Death Penalty Day: Europe underlines its firm opposition to capital punishment
Ahead of the World and European Day against the Death Penalty (10 October), the 47-nation Council of Europe and the 28-member European Union have issued a joint declaration underlining their firm opposition to capital punishment and calling on countries across Europe to move towards abolition.
The declaration from Council of Europe Secretary General Thorbjørn Jagland and the EU’s High Representative for Foreign Affairs and Security Policy, Federica Mogherini, points out that no Council of Europe or EU member states have carried out executions since 1997.
It also calls on those European countries which have not yet done so to ratify two protocols to the European Convention on Human Rights which aim to abolish the death penalty.
“On the European and World Day against the Death Penalty, the Council of Europe and the European Union reaffirm their strong opposition to capital punishment. The death penalty is inhuman and degrading treatment, does not have any proven significant deterrent effect, and allows judicial errors to become irreversible and fatal.
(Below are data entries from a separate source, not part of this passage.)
-- ===== src/MemPool/Blocks.antt =====
-- MemoryPoolAllocate and MemoryPoolFree on a pool that stands for its free blocks.
use freertos_addons.Prelude.{
  suc, ◌+◌, ◌<◌, ◌^◌, ◌≡◌, ◌≢◌, refl, true, false, some, List, [], ◌∷◌, arith, length, ◌==◌,
  int_max, ◌∙◌,
}
use freertos_addons.Machine.{Run, ok}
use freertos_addons.Memory.{Ptr, null}
use freertos_addons.Memory.Count.{get_count_lem}
use freertos_addons.Rtos.{Rtos, IsRtos}
use freertos_addons.Slist.Chain.{IsFree}
use freertos_addons.Stack
use freertos_addons.Stack.Lifo.{
  IsStack, OnlyStack, push_on_stack-LeavesStack, pop_off_stack-LeavesStack,
}
use freertos_addons.World.{World, PoolInfo, give}
use freertos_addons.World.Locks.{SameLocks, get_info_lem, held, take_held, given_SameLocks}
use freertos_addons.MemPool.{stack_of, node_of, memory_pool_allocate, memory_pool_free}

-- The pool at `pool` has the sizes and the lock `info`, nobody holds the lock, and the blocks `xs`
-- are free.
pub record IsPool (os : Rtos) (w : World os.Kernel) (pool : Ptr) (info : PoolInfo) (xs : List Ptr)
    : Type 0 where
  pub ne_null : pool ≢ null
  pub fields : w.pool pool ≡ some info
  pub unlocked : os.available info.lock w.kernel ≡ true
  pub stack : IsStack w.mem (stack_of pool) xs

-- A run that returns `a`, leaves the blocks `xs` free, gives the lock back, and writes to nothing
-- but the stack of the pool and the `Next` fields of `changed`.
pub record LeavesPool {A : Type 0} (os : Rtos) (w : World os.Kernel) (pool : Ptr) (info : PoolInfo)
    (r : Run (World os.Kernel) A) (a : A) (changed xs : List Ptr) : Type 0 where
  pub after : World os.Kernel
  pub runs : r ≡ ok a after
  pub holds : IsPool os after pool info xs
  pub locks : SameLocks os w.kernel after.kernel
  pub only : OnlyStack (stack_of pool) changed w.mem after.mem
  pub rest : after ≡ record w { mem = after.mem; kernel = after.kernel }

module _ (os : Rtos) (laws : IsRtos os) (w : World os.Kernel) (pool : Ptr) (info : PoolInfo) where
  unchanged : OnlyStack (stack_of pool) [] w.mem w.mem
  unchanged = record { same_next = λ a o. refl; same_count = λ a ne. refl; rest = refl }

  -- MemoryPoolAllocate returns `NULL` if no block is free.
  pub memory_pool_allocate-nil :
      IsPool os w pool info []
      → LeavesPool os w pool info (memory_pool_allocate os pool w) null [] []
  unfolding memory_pool_allocate give
  memory_pool_allocate-nil p =
      let k = held os laws info.lock w.kernel p.unlocked in
      let same = given_SameLocks os laws info.lock w.kernel p.unlocked in
      record {
        after = record w { kernel = os.give info.lock k };
        runs =
            rw
              (
                get_info_lem w pool p.ne_null p.fields,
                take_held os laws info.lock w.kernel p.unlocked w refl,
                get_count_lem w.mem p.stack.ne_null p.stack.count,
              )
              refl;
        holds = record {
          ne_null = p.ne_null;
          fields = p.fields;
          unlocked = same info.lock ∙ p.unlocked;
          stack = p.stack;
        };
        locks = same;
        only = unchanged;
        rest = refl;
      }

  -- MemoryPoolAllocate on a pool with its lock free takes the free block that was put back last,
  -- returns the address one alignment unit behind its beginning, gives the lock back, and writes to
  -- nothing but the stack of the pool.
  pub memory_pool_allocate-LeavesPool :
      (x : Ptr) (xs : List Ptr)
      → IsPool os w pool info (x ∷ xs)
      → LeavesPool os w pool info
          (memory_pool_allocate os pool w)
          (x + info.alignment)
          (Stack.head_of (stack_of pool) ∷ [])
          xs
  unfolding memory_pool_allocate give
  memory_pool_allocate-LeavesPool x xs p =
      let k = held os laws info.lock w.kernel p.unlocked in
      let same = given_SameLocks os laws info.lock w.kernel p.unlocked in
      let popped = pop_off_stack-LeavesStack w.mem (stack_of pool) x xs p.stack in
      let w' : World os.Kernel = record w { mem = popped.after; kernel = os.give info.lock k } in
      let some_left : (suc (length xs) == 0) ≡ false = ground arith in
      record {
        after = w';
        runs =
            rw
              (
                get_info_lem w pool p.ne_null p.fields,
                take_held os laws info.lock w.kernel p.unlocked w refl,
                get_count_lem w.mem p.stack.ne_null p.stack.count,
                some_left,
                popped.runs,
                get_info_lem w' pool p.ne_null p.fields,
              )
              refl;
        holds = record {
          ne_null = p.ne_null;
          fields = p.fields;
          unlocked = same info.lock ∙ p.unlocked;
          stack = popped.holds;
        };
        locks = same;
        only = popped.only;
        rest = refl;
      }

  -- MemoryPoolFree, on a pool with its lock free, of the address one alignment unit behind the
  -- beginning of a mapped block that is not free puts that block on top of the free ones, gives the
  -- lock back, and writes to nothing but the stack of the pool and the header of the block, if the
  -- count and the address do not overflow.
  pub memory_pool_free-LeavesPool :
      (node : Ptr) (xs : List Ptr)
      → IsPool os w pool info xs
      → IsFree w.mem (Stack.head_of (stack_of pool) ∷ xs) node
      → length xs < int_max
      → node + info.alignment < 2 ^ 64
      → LeavesPool os w pool info
          (memory_pool_free os pool (node + info.alignment) w)
          tt
          (Stack.head_of (stack_of pool) ∷ node ∷ [])
          (node ∷ xs)
  unfolding memory_pool_free give
  memory_pool_free-LeavesPool node xs p free small fits =
      let k = held os laws info.lock w.kernel p.unlocked in
      let same = given_SameLocks os laws info.lock w.kernel p.unlocked in
      let pushed = push_on_stack-LeavesStack w.mem (stack_of pool) xs node p.stack free small in
      let back : node_of (node + info.alignment) info.alignment ≡ node = omega arith in
      record {
        after = record w { mem = pushed.after; kernel = os.give info.lock k };
        runs =
            rw
              (
                get_info_lem w pool p.ne_null p.fields,
                back,
                take_held os laws info.lock w.kernel p.unlocked w refl,
                pushed.runs,
              )
              refl;
        holds = record {
          ne_null = p.ne_null;
          fields = p.fields;
          unlocked = same info.lock ∙ p.unlocked;
          stack = pushed.holds;
        };
        locks = same;
        only = pushed.only;
        rest = refl;
      }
No execution has been carried out in our member states for eighteen years. The Council of Europe and the European Union urge all European States to ratify the protocols to the European Convention on Human Rights which aim at the abolition of the death penalty.
The Council of Europe and the European Union deplore the continuing use of the death penalty in Belarus. They strongly urge the authorities of Belarus to commute the remaining death sentences and establish without delay a formal moratorium on executions as a first step towards abolition of the death penalty.
The Council of Europe and the European Union note with concern that the number of executions of persons for drug offences has increased during the last year in the few states that apply the death penalty to those offences. Both Organizations are particularly alarmed when this involves the execution of minors, which is contrary to international law. It is all the closer to heart because some European citizens have been executed in 2015 and others are still on death row for drug-related offences.
The Council of Europe and the European Union welcome the Resolution of the United Nations General Assembly on a moratorium on the use of the death penalty adopted on 18 December 2014. With an increasing number of votes in favour of that resolution compared to the previous four resolutions of this kind, and with almost two thirds of countries in the world having abolished the death penalty in either law or practice, there exists now a clear global trend towards the abolition of capital punishment,” is said in a joint Declaration by the European Union High Representative for Foreign Affairs and Security Policy, Federica Mogherini, and the Secretary General of the Council of Europe, Thorbjørn Jagland.